For the first time, we were really, truly, a family, just like everyone else. In this moment, in this second, every single one of the hearts in the Great Hall seemed to beat in tandem. We were all equal. We were all survivors.
We were all okay.
oOo
Hours passed, at once slow and sickeningly fast. Once reassured that closest family and friends were there and accounted for, some had spread out, mingling with everyone else, basking in this kinship we shared in the immediate wake of the battle. Blearily, I saw that Potter was performing his duty as the 'savior', shuffling through the crowds, clasping hands everywhere he turned. When I summoned up the energy to care, that was going to be unbearable. Most had dropped to sit on the closest available surfaces, not caring at all for House separation or even if it was the floor. Children leaned on parents, mothers stroked their hands through hair, fathers with full arms wrapped tight. Everything was settling down. Initial jubilation and adrenaline had worn off, and now everyone was drooping and swaying, but forcing their eyes open for just a little while longer. Right now, everything was fine and simple and real. But when we closed our eyes, we would wake up to the real nightmare. And I for one knew that I wanted to prolong that.

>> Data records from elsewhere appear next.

-- ===== src/EndToEnd.antt =====
-- A client, the provider and the dummy backend together: src/client.c, the `io` handler of
-- src/provider.c, src/dummy/dummy-backend.c and src/hoard.hpp.
pub mod Listed
pub mod Sums
pub mod Created
pub mod Destroyed
pub mod Opened
use cachercise.Base.{
  ℕ, ◌+◌, ◌*◌, ◌<◌, ◌≤◌, ◌^◌, ◌%◌, ◌≡◌, refl, sym, ap, ◌∙◌, some, List, [], ◌∷◌, arith, length,
}
use cachercise.Base.Run.{Run, ok, ◌>>=◌}
use cachercise.Common.{success, to_int32, write, read}
use cachercise.Hoard.{Hoard}
use cachercise.Dummy.Memory.{Env, Context, Heap}
use cachercise.Dummy.{dummy_backend}
use cachercise.Dummy
use cachercise.Dummy.Transfers.{read-write}
use cachercise.Table.{UtHash}
use cachercise.Messages.{IoIn, IoOut}
use cachercise.Provider.{Cache, Provider, find_cache}
use cachercise.Provider.Handlers
use cachercise.Provider.Handlers.{scratch_of}
use cachercise.Client.{Handle}
use cachercise.Client.Bytes.{word, bytes, AllBytes, bytes-word, length-bytes, memcpy, memcpy-all}
use cachercise.Client.Calls.{output, scratch_in, io_answer, io_input}

-- The dummy backend's `io`, taken from its table.
pub dummy_backend-io : (env : Env) → (dummy_backend env).io ≡ Dummy.io env
unfolding dummy_backend
dummy_backend-io env = refl

memcpy_8 : (dest src : List ℕ) → length dest ≡ 8 → length src ≡ 8 → memcpy dest src 8 ≡ ok src
memcpy_8 dest src d s = ap (λ n. memcpy dest src n) (sym s) ∙ memcpy-all dest src (omega arith)

bytes_8-word : (bs : List ℕ) → AllBytes bs → length bs ≡ 8 → bytes 8 (word bs) ≡ bs
bytes_8-word bs a l = ap (λ n. bytes n (word bs)) (sym l) ∙ bytes-word bs a

-- A whole item in a successful answer to a read goes into the buffer.
read_answer :
    (buf bs : List ℕ) (result : ℕ)
    → length buf ≡ 8
    → length bs ≡ 8
    → AllBytes bs
    → io_answer buf read
        (output (record { bytes = 8; scratch = word bs; result = result; ret = success }))
      ≡ ok (8, bs)
unfolding io_answer
read_answer buf bs result l m a =
    ap (λ t. memcpy buf t 8 >>= λ b. ok (8, b)) (bytes_8-word bs a m)
    ∙ ap (λ t. t >>= λ b. ok (8, b)) (memcpy_8 buf bs l m)

module _ {T : Type 0} (hash : UtHash T (Cache Heap)) (p : Provider Heap T) where
  -- cachercise_io over a transport that delivers: the client fills in the request, the provider's
  -- handler answers it with `out` on its stack, and the client reads the answer.
  unfoldable pub served_io :
      (out : IoOut) (stack : ℕ)
      → Handle
      → (buf : List ℕ) → (count offset kind : ℕ) → Heap
      → Run (ℕ × List ℕ × Heap)
  served_io out stack handle buf count offset kind w = do
    scratch ← scratch_in stack buf count kind
    (answer, w') ← Handlers.io hash p w out (some (io_input handle count offset kind scratch))
    (ret, buf') ← io_answer buf kind (output answer)
    ok (ret, buf', w')

-- The handler's answer to a request for a cache that is in the table.
module _ {T : Type 0} (hash : UtHash T (Cache Heap)) (env : Env) (p : Provider Heap T)
    (r : Cache Heap) where
  handler_io :
      (w w' : Heap) (out : IoOut) (input : IoIn) (result s : ℕ)
      → find_cache hash p input.cache_id ≡ some r
      → r.fn ≡ dummy_backend env
      → Dummy.io env r.ctx input.count input.offset (input.scratch ∷ []) (to_int32 input.kind) w
        ≡ ok (result, s ∷ [], w')
      → Handlers.io hash p w out (some input)
        ≡ ok (
          record { bytes = result * 8 % 2 ^ 64; scratch = s; result = result; ret = success },
          w',
        )
  unfolding Handlers.io Handlers.io_found Handlers.scratch_of
  handler_io w w' out input result s f b run =
      let fn : r.fn.io ≡ Dummy.io env = ap (λ (t : _). t.io) b ∙ dummy_backend-io env in
      rw (f, fn, run)

  module _ (handle : Handle) (found : find_cache hash p handle.cache_id ≡ some r)
      (backend : r.fn ≡ dummy_backend env) where
    pub served_write :
        (out : IoOut) (stack : ℕ) (buf : List ℕ) (offset : ℕ) (w w' : Heap)
        → length buf ≡ 8
        → Dummy.io env r.ctx 8 offset (word buf ∷ []) write w ≡ ok (1, word buf ∷ [], w')
        → served_io hash p out stack handle buf 8 offset write w ≡ ok (8, buf, w')
    unfolding served_io scratch_in io_answer
    served_write out stack buf offset w w' l run =
        let copied = memcpy_8 (bytes 8 stack) buf (length-bytes 8 stack) l in
        rw (
          copied,
          handler_io w w' out (io_input handle 8 offset write (word buf)) 1 (word buf) found backend
              run,
        )

    pub served_read :
        (out : IoOut) (stack : ℕ) (buf bs : List ℕ) (offset : ℕ) (w w' : Heap)
        → length buf ≡ 8
        → length bs ≡ 8
        → AllBytes bs
        → Dummy.io env r.ctx 8 offset (stack ∷ []) read w ≡ ok (1, word bs ∷ [], w')
        → served_io hash p out stack handle buf 8 offset read w ≡ ok (8, bs, w')
    unfolding served_io scratch_in
    served_read out stack buf bs offset w w' l m a run =
        let answered = read_answer buf bs 1 l m a in
        rw (
          handler_io w w' out (io_input handle 8 offset read stack) 1 (word bs) found backend run,
          answered,
        )

    -- What a client writes to an offset of a cache is what a client reads back: on a provider that
    -- finds a record at the handle's id which is the dummy backend's, whose context is in use with
    -- a hoard that has room for the offset, cachercise_io of eight bytes writes them, and
    -- cachercise_io of eight bytes from the same offset of the heap that the write leaves fills any
    -- eight-byte buffer with them, whatever the stacks held. Both return 8.
    pub served_write-read :
        (c : Context) (h : Hoard) (out out' : IoOut) (stack stack' : ℕ) (buf buf' : List ℕ)
        (offset : ℕ) (w : Heap)
        → w.contexts r.ctx ≡ some c
        → w.hoards c.h ≡ some h
        → env.vector_max < 2 ^ 63
        → (length h + offset + 1) * 2 ≤ env.vector_max
        → length buf ≡ 8
        → AllBytes buf
        → length buf' ≡ 8
        → (w' : Heap) × (served_io hash p out stack handle buf 8 offset write w ≡ ok (8, buf, w'))
          × (served_io hash p out' stack' handle buf' 8 offset read w' ≡ ok (8, buf, w'))
    served_write-read c h out out' stack stack' buf buf' offset w is a b f l k l' =
        let (w', written, back) = read-write env r.ctx c w is h offset (word buf) stack' a b f in
        (
          w',
          served_write out stack buf offset w w' l written,
          served_read out' stack' buf' buf offset w' w' l' l k back,
        )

I was sitting with my parents at the Hufflepuff table, of all places. Hardly anyone sitting was talking really, us included. We all just sat in comfortable, companionable silence, unwilling to disturb the moment, this strange tranquil peace we had fallen into. It was almost as if we were borrowing from somebody's else's dream, some rosy person who wasn't a Death Eater like us. But for the first time, I knew that I wasn't going to be alone in my nightmares of blood and stomach-churning violence and guilt. Everyone in this hall would be having the same dreams as me. Now I wouldn't be the only one who dreamed of falling, broken bodies, of being filled with helpless fear because you knew that you couldn't do anything to stop it.
Everything has an end, and this was no different. Little by little, people began trickling out of the hall, either making their way home or, in quite a few students' cases, heading for their House dormitories. Authority figures who couldn't afford to sleep yet, even though they probably so desperately wanted to, started moving here and there, beginning to snip the frays off the larger ball of yarn. Hints of order began to ripple through the room. It was starting.
We stayed where we were. No use in running, and they had to speak to us sooner or later.
It was McGonagall who finally came to us. Gone were the stern lines, pursed lips and flashing eyes. She looked just like everyone else that I'd seen and what I felt like on the inside. Tired. She probably wished that everything would just be over too. Wished that she didn't have to start picking up the pieces already. There were so many. But she was doing it anyway. Because she was strong and brave and a Gryffindor, and that's what Gryffindors did. Me, though…I'm not any of those things. Especially not right now.
I still didn't know if I wanted to even try to pick all those pieces up.